Eight hours for work, eight hours for rest, and eight hours

For what we will [2].

An interpretation of the Haymarket Incident at the moment the bomb was thrown into a line of policemen, May 4, 1886.

The demand for an 8-hour work day in Chicago began in 1864, when Civil War sentiments encouraged the oppressed to fight for their rights. In 1867, a law was put in place to satisfy demands, but contained a loophole that negated any efforts to sustain the 8-hour work day for laborers. Later that year in 1867, a citywide strike shut down Chicago’s economy for a week and with it took down the ineffective law. The demands died down, and over the course of the next fifteen years, exhausted laborers gathered again to demand less work and more leisure time [3].

Chicago laborers breaking for a few golden minutes during a long work day in the Gilded Age, 1880-1900.

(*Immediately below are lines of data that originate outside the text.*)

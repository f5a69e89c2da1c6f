-- ===== src/BitReader.antt =====
-- NetBitReaderBuffer.h, NetBitReaderBuffer.cpp, NetBitReader.cpp and NetBitReaderVector.cpp: bits are
-- read from a buffer of bytes, the lowest bit of each byte first. The reader holds the memory that
-- its pointer walks through, so a read past the end of the buffer finds whatever byte lies there.
pub mod Content
pub mod Word
pub mod Take
pub mod Bytes
pub mod Short
pub mod Signed
use storm_net.Prelude.{
  ℕ, zero, suc, ◌+◌, ◌-◌, ◌%◌, ◌^◌, List, [], ◌∷◌, ◌++◌, ◌*◌, Bool, bit_or, if◌then◌else◌, ◌==◌,
  leb, ◌&&◌, ◌||◌,
}
use storm_net.Bits.{u8, u64, ◌<<<◌, ◌>>>◌, low_bits}
use storm_net.Result.{Result, ok, err, reader_out_of_data, undefined_behaviour, ◌>>=◌}
use storm_net.BitWriter.{BitWriter}
use storm_net.BitWriter

pub record BitReader : Type 0 where
  -- The byte at an address.
  pub memory : ℕ → ℕ
  -- The address of `m_Buffer`.
  pub buffer : ℕ
  pub offset : ℕ
  pub num_bytes : ℕ
  -- How many bits of the first byte are read.
  pub bit : ℕ
  pub total_bits : ℕ

abbrev pub new : (ℕ → ℕ) → ℕ → ℕ → BitReader
new memory buffer num_bytes = record {
  memory = memory;
  buffer = buffer;
  offset = 0;
  num_bytes = num_bytes;
  bit = 0;
  total_bits = 0;
}

-- A vector of bytes in memory, at address 0, with the bytes of `behind` after it.
abbrev pub vector_memory : List ℕ → (ℕ → ℕ) → ℕ → ℕ
vector_memory [] behind a = behind a
vector_memory (b ∷ bytes) behind zero = b
vector_memory (b ∷ bytes) behind (suc a) = vector_memory bytes (λ i. behind (suc i)) a

-- The little-endian word of `n` bytes in memory; `*(uint64_t *)ptr` for eight.
unfoldable pub load : (ℕ → ℕ) → ℕ → ℕ → ℕ
load memory a zero = 0
load memory a (suc n) = memory a + load memory (a + 1) n <<< 8

-- The branch for 64 bits at once. The byte behind the word is read also when none of its bits are
-- wanted; the shift by 64 then moves a zero.
pub read_word : BitReader → ℕ × BitReader
read_word r =
    let val = load r.memory r.buffer 8 >>> r.bit in
    let above = u64 (low_bits (r.memory (r.buffer + 8)) r.bit <<< (64 - r.bit)) in
    (
      bit_or val above,
      record r { num_bytes = r.num_bytes - 8; buffer = r.buffer + 8; offset = r.offset + 8 },
    )

abbrev pub next_byte : BitReader → BitReader
next_byte r = record r {
  bit = 0;
  num_bytes = r.num_bytes - 1;
  buffer = r.buffer + 1;
  offset = r.offset + 1;
}

-- The first argument bounds the depth of the recursion; every round takes at least one bit.
pub read_bits_internal : ℕ → ℕ → BitReader → Result (ℕ × BitReader)
unfolding read_word
read_bits_internal zero num_bits r = ok (0, r)
read_bits_internal (suc depth) num_bits r =
    let val = r.memory r.buffer >>> r.bit in
    let read_bits = 8 - r.bit in
    let crossing = read_bits_internal depth (num_bits - read_bits) (next_byte r) >>= λ rest.
    ok (bit_or (low_bits val num_bits) (u64 (rest.0 <<< read_bits)), rest.1) in
    if num_bits == 0
    then ok (0, r)
    else if num_bits == 64 && leb 8 r.num_bytes
    then ok (read_word r)
    else if r.num_bytes == 0
    then err reader_out_of_data
    else if leb 8 (r.bit + num_bits)
    then crossing
    else ok (low_bits val num_bits, record r { bit = r.bit + num_bits })

pub read_ubits : ℕ → BitReader → Result (ℕ × BitReader)
read_ubits num_bits r =
    read_bits_internal num_bits num_bits (record r { total_bits = r.total_bits + num_bits })

-- `SignExtend`: the int64_t is the word of its two's complement. With `high_bit & val` set, the bits
-- from `bits` on are set too. A shift of a word by a negative number or by 64 bits or more has no
-- meaning in C++, and `1ULL << bits` is such a shift when all 64 bits are extended.
pub sign_extend : ℕ → ℕ → Result ℕ
sign_extend val bits =
    if bits == 0 || leb 65 bits
    then err undefined_behaviour
    else if val >>> (bits - 1) % 2 == 1
    then if leb 64 bits then err undefined_behaviour else ok (bit_or val (2 ^ 64 - 2 ^ bits))
    else ok val

pub read_sbits : ℕ → BitReader → Result (ℕ × BitReader)
unfolding sign_extend
read_sbits num_bits r = do
  read ← read_ubits num_bits r
  val ← sign_extend (read.0) num_bits
  ok (val, read.1)

pub is_empty : BitReader → Bool
is_empty r = leb r.num_bytes 1

-- The bytes of a word, lowest first, as `*ptr = ReadUBits(64)` stores them.
unfoldable pub bytes_of : ℕ → ℕ → List ℕ
bytes_of zero val = []
bytes_of (suc n) val = u8 val ∷ bytes_of n (val >>> 8)

-- `n` bytes in memory, as `memcpy` takes them.
pub memory_bytes : (ℕ → ℕ) → ℕ → ℕ → List ℕ
memory_bytes memory a zero = []
memory_bytes memory a (suc n) = memory a ∷ memory_bytes memory (a + 1) n

-- The byte loop of `NetBitReader::ReadBuffer`.
pub read_bytes : ℕ → BitReader → Result (List ℕ × BitReader)
read_bytes zero r = ok ([], r)
read_bytes (suc n) r =
    read_ubits 8 r >>= λ byte. read_bytes n (byte.1) >>= λ more. ok (u8 (byte.0) ∷ more.0, more.1)

-- `NetBitReader::ReadBuffer`: whole words first, then the bytes left over. The first argument bounds
-- the number of words.
pub read_buffer_words : ℕ → ℕ → BitReader → Result (List ℕ × BitReader)
unfolding read_bytes bytes_of
read_buffer_words zero num_bytes r = read_bytes num_bytes r
read_buffer_words (suc depth) num_bytes r =
    let words = read_ubits 64 r >>= λ word.
    read_buffer_words depth (num_bytes - 8) (word.1) >>= λ more.
    ok (bytes_of 8 (word.0) ++ more.0, more.1) in
    if leb 8 num_bytes then words else read_bytes num_bytes r

-- `NetBitReaderBuffer::ReadBuffer`
pub read_buffer : ℕ → BitReader → Result (List ℕ × BitReader)
unfolding read_buffer_words memory_bytes
read_buffer num_bytes r =
    if r.bit == 0 && leb num_bytes r.num_bytes
    then ok (
      memory_bytes r.memory r.buffer num_bytes,
      record r {
        buffer = r.buffer + num_bytes;
        offset = r.offset + num_bytes;
        num_bytes = r.num_bytes - num_bytes;
        total_bits = r.total_bits + num_bytes * 8;
      },
    )
    else read_buffer_words num_bytes num_bytes r
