-- ===== src/Conn/Modes/Polls.antt =====
-- The polls move the gauges as the mode of the connection, and keep the fit of the stored future.
use streamsync.Base.{Bool, ℕ, ◌≡◌, ◌∙◌, refl, sym, ap, List, [], ◌∷◌}
use streamsync.Conn.Dispatch.{Served}
use streamsync.Conn.Handshake.{Peer}
use streamsync.Conn.LossList.{BinarySearch}
use streamsync.Conn.Modes.{
  Kind, handshaking, publishing, requesting, Keeps-same, of_kind, Keeps, Keeps-refl,
}
use streamsync.Conn.Modes.Handlers.{on_mode}
use streamsync.Conn.Polls.{
  SinkFutures, Turn, Polled, waiting, finished, running, poll_write, outcome, fed, ended_close,
  poll_write_sink, poll_close, round, poll, proceed,
}
use streamsync.Conn.Rtt.{Float}
use streamsync.Conn.Shared.{Config, SessionManager, Shared}
use streamsync.Conn.State.{
  Connection, publish, PollState, read, write, write_sink, close_sink, closed,
}
use streamsync.Packet.{Packet, DataPacket}
use streamsync.Proto.Error.{OnOk, on_weaken, on_bind}
use streamsync.Sink
use streamsync.Sink.{Done, done, failed}
use streamsync.Sink.Heap.{BinaryHeap}
use streamsync.Sink.Queue.{Clock, Segment, Poll, ready, pending}
use streamsync.Conn.Modes.Dispatch.{Advances, Advances-trans, alone}
use streamsync.Conn.Modes.Reads.{poll_read-Advances}

-- The connection and the shared state after a round.
abbrev pub after : {R : Type 0} → Polled R → R
after (waiting r) = r
after (finished r) = r
after (running r) = r

publish-kind : {S : Type 0} (k : Kind) (s s' : S) → of_kind k (publish s') ≡ of_kind k (publish s)
publish-kind handshaking s s' = refl
publish-kind publishing s s' = refl
publish-kind requesting s s' = refl

-- A poll of a future over the sink leaves a sink.
with_sink :
    {S : Type 0} (c : Connection S) (sink sink' : S)
    → c.mode ≡ publish sink
    → Keeps c (record c { mode = publish sink' })
with_sink c sink sink' e =
    Keeps-same c _ refl (λ k. publish-kind k sink sink' ∙ ap (of_kind k) (sym e))

module _ {H K E : Type 0} (futures : SinkFutures (Sink.OutputSink H K) E) where
  fed-mode : (r : Poll (Done E)) (c d : Peer H K) → Keeps c d → Keeps c (fed futures r d).1
  fed-mode pending c d h = h
  fed-mode (ready _) c d h = record { kind = h.kind; stored = λ _. tt }

  ended_close-mode :
      (r : Poll (Done E)) (c d : Peer H K) → Keeps c d → Keeps c (ended_close futures r d).1
  ended_close-mode pending c d h = h
  ended_close-mode (ready (failed _)) c d h = h
  ended_close-mode (ready done) c d h = record { kind = h.kind; stored = λ _. tt }

  poll_write_sink-mode :
      (clock : Clock) (p : DataPacket) (c : Peer H K)
      → Keeps c (poll_write_sink futures clock p c).1
  poll_write_sink-mode clock p c =
      on_mode (λ (r : Poll Unit × Peer H K). Keeps c r.1) c.mode _ _ _ (λ _ _. Keeps-refl c)
        (λ sink e.
          let (r, sink') = futures.poll_feed clock p sink in
          fed-mode r c (record c { mode = publish sink' }) (with_sink c sink sink' e))
        (λ _ _. Keeps-refl c)

  poll_close-mode : (c : Peer H K) → Keeps c (poll_close futures c).1
  poll_close-mode c =
      on_mode (λ (r : Poll Unit × Peer H K). Keeps c r.1) c.mode _ _ _ (λ _ _. Keeps-refl c)
        (λ sink e.
          let (r, sink') = futures.poll_close sink in
          ended_close-mode r c (record c { mode = publish sink' }) (with_sink c sink sink' e))
        (λ _ _. Keeps-refl c)

poll_write-mode :
    {S : Type 0} (written : Poll Unit) (c : Connection S) → Keeps c (poll_write written c).1
poll_write-mode pending c = Keeps-refl c
poll_write-mode (ready _) c = record { kind = λ k. refl; stored = λ _. tt }

after-outcome :
    {R : Type 0} (P : R → Type 0) (a : Poll Unit) (r : R) → P r → P (after (outcome (a, r)))
after-outcome P pending r h = h
after-outcome P (ready _) r h = h

-- What holds of each arm of the `match` on the poll state.
on_state :
    {C : Type 0} (P : C → Type 0) (ps : PollState) (v x y : C) (u : Packet → C) (t : DataPacket → C)
    → P v
    → ((p : Packet) → P (u p))
    → ((p : DataPacket) → P (t p))
    → P x
    → P y
    → P (elim ps [ read ↦ v | write p ↦ u p | write_sink p ↦ t p | close_sink ↦ x | closed ↦ y ])
on_state P read v x y u t a b c d e = a
on_state P (write p) v x y u t a b c d e = b p
on_state P (write_sink p) v x y u t a b c d e = c p
on_state P close_sink v x y u t a b c d e = d
on_state P closed v x y u t a b c d e = e

module _ {H K M E : Type 0} (b : BinaryHeap Segment H) (manager : SessionManager M K)
    (config : Config) (peer_address : ℕ) (bs : BinarySearch) (f : Float)
    (valid_utf8 : List ℕ → Bool) (futures : SinkFutures (Sink.OutputSink H K) E) (depth : ℕ) where
  round-Advances :
      (t : Turn) (c : Peer H K) (w : Shared M)
      → OnOk
          (λ r. Advances c w (after r))
          (round b manager config peer_address bs f valid_utf8 futures depth t c w)
  unfolding round
  round-Advances t c w =
      let P : Polled (Served H K M) → Type 0 = λ r. Advances c w (after r) in
      on_state (OnOk P) c.poll_state _ _ _ _ _
        (on_bind (λ r. Advances c w r.1) P _ _
          (poll_read-Advances b manager config peer_address bs f valid_utf8 depth t.clock.now
            t.incoming t.ticked t.payloads t.ended c w)
          (λ r h. after-outcome (Advances c w) r.0 r.1 h))
        (λ _.
          after-outcome (Advances c w) (poll_write t.written c).0 _
            (alone c _ w (poll_write-mode t.written c)))
        (λ p.
          after-outcome (Advances c w) (poll_write_sink futures t.clock p c).0 _
            (alone c _ w (poll_write_sink-mode futures t.clock p c)))
        (after-outcome (Advances c w) (poll_close futures c).0 _
          (alone c _ w (poll_close-mode futures c)))
        (alone c c w (Keeps-refl c))

  pub poll-Advances :
      (ts : List Turn) (c : Peer H K) (w : Shared M)
      → OnOk
          (λ r. Advances c w (after r))
          (poll b manager config peer_address bs f valid_utf8 futures depth ts c w)
  unfolding poll
  poll-Advances [] c w = alone c c w (Keeps-refl c)
  poll-Advances (t ∷ ts) c w =
      let P : Polled (Served H K M) → Type 0 = λ r. Advances c w (after r) in
      on_bind P P _ _ (round-Advances t c w) (next (poll-Advances ts))
    where
      next :
          ((d : Peer H K) (w' : Shared M)
            → OnOk
                (λ q. Advances d w' (after q))
                (poll b manager config peer_address bs f valid_utf8 futures depth ts d w'))
          → (r : Polled (Served H K M)) → Advances c w (after r)
          → OnOk
              (λ q. Advances c w (after q))
              (proceed (poll b manager config peer_address bs f valid_utf8 futures depth ts) r)
      next later (waiting r) h = h
      next later (finished r) h = h
      next later (running (d, w')) h =
          on_weaken (λ q. Advances d w' (after q)) (λ q. Advances c w (after q)) _
            (λ q k. Advances-trans c d w w' (after q) h k) (later d w')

Then, in May 1886, the movement united laborers and skilled workers from all backgrounds and mobilized during the three days preceding the Haymarket Square Incident on May 4. The influence of anarchist publications played an important role in labor strikes, and fueled officials fears of radical education. While mass production was good for sales and revenue, it was assumed that spare time encouraged men to educate and arm themselves with socialist propaganda that reviled capitalist institutions [4].

Newspapers such as the German language anarchist publication Arbeiter Zeitung, as well as the English language publication The Alarm advocated for workers to demand their rights at all costs, even taking up arms against their oppressors. Key writers for these papers, August Spies and Albert Parsons respectively, gave speeches on May 4, 1886. Their speeches, as well as their call to arms and inflammatory language in their writing ultimately sentenced them to the gallows [5].

The four men sentenced to hang, among them August Spies and Albert Parsons, represented the mass of workers and laborers who demanded change within the city. Their final remarks remain true to their anti-capitalist, anarchist sentiments. George Engel, another set to hang on November 11, 1886, harkened the influence of leaders in anti-slavery groups, who, like Engel himself, were sentenced to die for their cause. Engel, on October 8, 1886, noted “I found long ago, that the workingman had no more rights here than anywhere else in the world… and just as the man who agitated against slavery in this country had to ascend the gallows, so must we. He who speaks for the workingman today must hang.” [6]

The monument erected in 1889 after the hanging heralded a different side of the story. Officials and local papers pushed back against these men, their demands, and their assumed violent actions towards policemen [7]. While there was no evidence to convict these men of throwing the bomb, the hanging acted as a demonstration of power, a warning to those who desired to fight for their right to equal work and leisure time. The monument, placed in Haymarket Square, reminded passerby that the state was in control of laborers’ live, and would use force to ensure that the industrial economy within Chicago was maintained, even at the cost of laborer’s lives. Though there was shifts in labor laws, and many factories and work places began to roll back hours imposed on their workers, the people were continually reminded of their place within the power hierarchyas they had no choice but to participate in the system built against them. 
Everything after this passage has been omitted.